* **Work to complete**
Of the entries below, return exactly those lines that fall between the one containing "NotWorse node.chain node'.chain" and the one containing "not_worse true cm cm' h = inr h", the two end lines included.

[Saved data entries]
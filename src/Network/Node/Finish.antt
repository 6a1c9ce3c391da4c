-- ===== src/Network/Node/Finish.antt =====
-- The end of a synchronisation.
use forgechain.Prelude.{
  ℕ, ◌<◌, ◌≡◌, refl, Bool, true, false, Bool-cases, inl, inr, ◌⊎◌, List, [], ◌∷◌,
}
use forgechain.Prelude.Outcome.{After, After-then}
use forgechain.Crypto.{OpenSsl}
use forgechain.Core.Block.{Block}
use forgechain.Core.Blockchain.{tip_work}
use forgechain.Core.Blockchain.Index.{IsIndexed}
use forgechain.Consensus.Difficulty.{Doubles}
use forgechain.Chain.State.{ChainManager}
use forgechain.Chain.Submit
use forgechain.Chain.Submit.Adoption.{Adopted, IsAdoption, adopt_branch-IsAdoption}
use forgechain.Network.Clock.{TimePoint}
use forgechain.Network.Node.State.{Node, no_sync}
use forgechain.Network.Node.Sync.{sync_is_due, adopt_buffer, finish_sync_if_due}

-- The chain is as it was, or its tip has more work.
abbrev pub NotWorse : ChainManager → ChainManager → Type 0
NotWorse cm cm' = (cm' ≡ cm) ⊎ (tip_work cm.blockchain.blocks < tip_work cm'.blockchain.blocks)

-- By whether the synchronisation was due to end.
abbrev pub Finished : Bool → Node → Node → Type 0
Finished false node node' = node' ≡ node
Finished true node node' =
    (node'.sync_state ≡ no_sync)
    × NotWorse node.chain node'.chain
    × (node'.heap ≡ node.heap)
    × (node'.peers ≡ node.peers)

module _ ⦃ssl : OpenSsl⦄ ⦃doubles : Doubles⦄ where
  not_worse : (adopted : Bool) (cm cm' : ChainManager) → Adopted cm adopted cm' → NotWorse cm cm'
  not_worse true cm cm' h = inr h
  not_worse false cm cm' h = inl h

  adopt_buffer-Finished :
      (date : ℕ) (buffer : List Block) (node : Node)
      → IsIndexed node.chain.blockchain
      → After (Finished true node) (adopt_buffer date buffer (record node { sync_state = no_sync }))
  unfolding adopt_buffer
  adopt_buffer-Finished date [] node x = (refl, inl refl, refl, refl)
  adopt_buffer-Finished date (b ∷ bs) node x =
      After-then (IsAdoption node.chain) (Finished true node)
        (Submit.adopt_branch date (b ∷ bs) node.chain) _
        (adopt_branch-IsAdoption date (b ∷ bs) node.chain x)
        λ adopted _ h. (refl, not_worse adopted.0 node.chain adopted.1 h, refl, refl)

  -- A synchronisation that is not due to end is left alone. One that is ends, unless adopting what was
  -- collected throws: the node is free for the next one, and its chain is as it was or has a tip with
  -- more work. The index of the chain has to be exact.
  pub finish_sync_if_due-Finished :
      (now : TimePoint) (date : ℕ) (node : Node)
      → IsIndexed node.chain.blockchain
      → After (Finished (sync_is_due now node) node) (finish_sync_if_due now date node)
  unfolding finish_sync_if_due
  finish_sync_if_due-Finished now date node x = elim (Bool-cases (sync_is_due now node)) [
    | inl due ↦ rw due (adopt_buffer-Finished date node.sync_state.buffer node x)
    | inr early ↦ rw early refl
  ]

* **Solution**
    × NotWorse node.chain node'.chain
    × (node'.heap ≡ node.heap)
    × (node'.peers ≡ node.peers)

module _ ⦃ssl : OpenSsl⦄ ⦃doubles : Doubles⦄ where
  not_worse : (adopted : Bool) (cm cm' : ChainManager) → Adopted cm adopted cm' → NotWorse cm cm'
  not_worse true cm cm' h = inr h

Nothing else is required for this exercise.